Not all areas in this part of Tulsa were so solid, but this was a place where you could trust the neighbors to water your plants and bring in your mail while you were off camping, where they’d mow your lawn for you if you were gone a while, not where you had to install extra locks on your doors.
As she got all the locks open and put her hand on the knob, she moved in front of him and eased the door ajar. “Ollie, sit,” she said into the slit she’d made. “Good boy. Stay.”
She opened the door and stepped in. Rad followed, half expecting to come face to face with a bear.
And he very nearly did. Sitting tense but pretty at the side of the door was a huge, gorgeous pit bull. Black with white markings. His tail thumped the wood floor once at Willa, and then he stared at Rad.
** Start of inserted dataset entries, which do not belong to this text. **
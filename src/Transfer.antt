-- ===== src/Transfer.antt =====
-- The secure file transfer: tokens and blocks (src/libtetrissh/common.c), and the client and server
-- of reference/pa2.
pub mod Openssl
pub mod Session
pub mod Blocks
pub mod Keys
pub mod Server
pub mod Client
pub mod Identity
pub mod Handshake
pub mod Delivery
pub mod Ends
pub mod Faults
mod Tests
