-- ===== src/Wire/Ints.antt =====
-- `int_to_bytes` and `bytes_to_int` of common.c: 64-bit integers as eight big-endian bytes.
use corestack_peky.Common.{
  ℕ, zero, suc, ◌+◌, ◌*◌, ◌/◌, ◌%◌, ◌^◌, ◌<◌, ◌≤◌, ◌≡◌, refl, arith, update, dec_lt, u64, ◌∙◌,
}

abbrev pub int_bytes : ℕ
int_bytes = 8

-- The rounds `i - 1` down to 0 of the loop: `buf[i] = x & 0xFF; x >>= 8`.
unfoldable pub put_bytes : ℕ → ℕ → (ℕ → ℕ) → ℕ → ℕ
put_bytes zero x buf = buf
put_bytes (suc i) x buf = put_bytes i (x / 2 ^ 8) (update buf i (x % 2 ^ 8))

unfoldable pub int_to_bytes : ℕ → (ℕ → ℕ) → ℕ → ℕ
int_to_bytes x buf = put_bytes int_bytes x buf

-- The first `n` rounds: `result = (result << 8) | buf[i]`. The low byte of the shifted result is 0,
-- so the bits of a byte are added to it.
unfoldable pub get_bytes : ℕ → (ℕ → ℕ) → ℕ
get_bytes zero buf = 0
get_bytes (suc n) buf = u64 (get_bytes n buf * 2 ^ 8) + buf n % 2 ^ 8

unfoldable pub bytes_to_int : (ℕ → ℕ) → ℕ
bytes_to_int buf = get_bytes int_bytes buf

-- the integers of `n` bytes
abbrev byte_range : ℕ → ℕ
byte_range zero = 1
byte_range (suc n) = byte_range n * 2 ^ 8

put_bytes-above : (n x : ℕ) (buf : ℕ → ℕ) (i : ℕ) → n ≤ i → put_bytes n x buf i ≡ buf i
unfolding put_bytes
put_bytes-above zero x buf i h = refl
put_bytes-above (suc n) x buf i h =
    put_bytes-above n (x / 2 ^ 8) (update buf n (x % 2 ^ 8)) i (omega arith) ∙ ground arith

put_bytes-fits : (n x : ℕ) (buf : ℕ → ℕ) (i : ℕ) → i < n → put_bytes n x buf i < 2 ^ 8
unfolding put_bytes
put_bytes-fits zero x buf i h = absurd (omega arith)
put_bytes-fits (suc n) x buf i h = elim (dec_lt i n) [
  | yes lt ↦ put_bytes-fits n (x / 2 ^ 8) (update buf n (x % 2 ^ 8)) i lt
  | no ¬lt ↦ grind (arith, put_bytes-above n (x / 2 ^ 8) (update buf n (x % 2 ^ 8)) i)
]

get_bytes-put_bytes :
    (n x : ℕ) (buf : ℕ → ℕ) → x < 2 ^ 64 → x < byte_range n → get_bytes n (put_bytes n x buf) ≡ x
unfolding put_bytes get_bytes
get_bytes-put_bytes zero x buf h lt = omega arith
get_bytes-put_bytes (suc n) x buf h lt =
    let buf' = update buf n (x % 2 ^ 8) in
    let rest = get_bytes-put_bytes n (x / 2 ^ 8) buf' (omega arith) (omega arith) in
    let last = put_bytes-above n (x / 2 ^ 8) buf' n (omega arith) in grind arith

byte_range-small : (n : ℕ) → n < int_bytes → byte_range (suc n) ≤ 2 ^ 64
byte_range-small zero h = omega arith
byte_range-small (suc zero) h = omega arith
byte_range-small (suc (suc zero)) h = omega arith
byte_range-small (suc (suc (suc zero))) h = omega arith
byte_range-small (suc (suc (suc (suc zero)))) h = omega arith
byte_range-small (suc (suc (suc (suc (suc zero))))) h = omega arith
byte_range-small (suc (suc (suc (suc (suc (suc zero)))))) h = omega arith
byte_range-small (suc (suc (suc (suc (suc (suc (suc zero))))))) h = omega arith
byte_range-small (suc (suc (suc (suc (suc (suc (suc (suc n)))))))) h = absurd (omega arith)

get_bytes-fits : (n : ℕ) (buf : ℕ → ℕ) → n ≤ int_bytes → get_bytes n buf < byte_range n
unfolding get_bytes
get_bytes-fits zero buf h = omega arith
get_bytes-fits (suc n) buf h =
    let rest = get_bytes-fits n buf (omega arith) in let small = byte_range-small n h in omega arith

put_bytes-get_bytes :
    (n : ℕ) (buf old : ℕ → ℕ)
    → n ≤ int_bytes
    → ((i : ℕ) → i < int_bytes → buf i < 2 ^ 8)
    → (i : ℕ) → i < n
    → put_bytes n (get_bytes n buf) old i ≡ buf i
unfolding put_bytes get_bytes
put_bytes-get_bytes zero buf old le h i lt = absurd (omega arith)
put_bytes-get_bytes (suc n) buf old le h i lt =
    let g = get_bytes n buf in
    let fits = get_bytes-fits n buf (omega arith) in
    let small = byte_range-small n le in
    let byte = h n le in
    let whole : get_bytes (suc n) buf ≡ g * 2 ^ 8 + buf n = omega arith in
    let quot : get_bytes (suc n) buf / 2 ^ 8 ≡ g = omega (arith, whole) in
    let rem : get_bytes (suc n) buf % 2 ^ 8 ≡ buf n = omega (arith, whole) in
    elim (dec_lt i n) [
      | yes below ↦ grind (
        arith,
        put_bytes-get_bytes n buf (update old n (get_bytes (suc n) buf % 2 ^ 8)) (omega arith) h i
            below,
        quot,
      )
      | no ¬below ↦ grind (
        arith,
        put_bytes-above n (get_bytes (suc n) buf / 2 ^ 8)
            (update old n (get_bytes (suc n) buf % 2 ^ 8)) i,
        rem,
      )
    ]

-- Every 64-bit integer is read back from its bytes, which fit their `unsigned char`.
pub bytes_to_int-int_to_bytes :
    (x : ℕ) (buf : ℕ → ℕ)
    → x < 2 ^ 64
    → (bytes_to_int (int_to_bytes x buf) ≡ x)
      × ((i : ℕ) → i < int_bytes → int_to_bytes x buf i < 2 ^ 8)
unfolding bytes_to_int int_to_bytes
bytes_to_int-int_to_bytes x buf h =
    (get_bytes-put_bytes int_bytes x buf h (omega arith), put_bytes-fits int_bytes x buf)

-- The bytes of an integer that was read are the ones that were read.
pub int_to_bytes-bytes_to_int :
    (old buf : ℕ → ℕ)
    → ((i : ℕ) → i < int_bytes → buf i < 2 ^ 8)
    → (i : ℕ) → i < int_bytes
    → int_to_bytes (bytes_to_int buf) old i ≡ buf i
unfolding bytes_to_int int_to_bytes
int_to_bytes-bytes_to_int old buf h = put_bytes-get_bytes int_bytes buf old (omega arith) h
While Willa closed the door and locked all those locks—they were keyed on both sides, he noted, no thumbturn on the inside, and she had a security bar and a chain as well—Rad crouched before the dog.
Ollie, she’d said.
“Hey, Ollie.” He held his hand out a couple of inches. “How you doin’, buddy?”
Ollie stared.
“Okay, Ollie. Release. Good boy.” Granted permission, the dog stood, and his back end rocked wildly, yanked to and fro by his wagging tail as Willa leaned down and gave him the love he wanted.
Still crouching in place, Rad saw the dog keeping one eye on him even as he snuggled his person. That look said, Mom let you in, so you might be okay, but I’m watching. You hurt her, you even make a move I don’t like, and I will eat your face.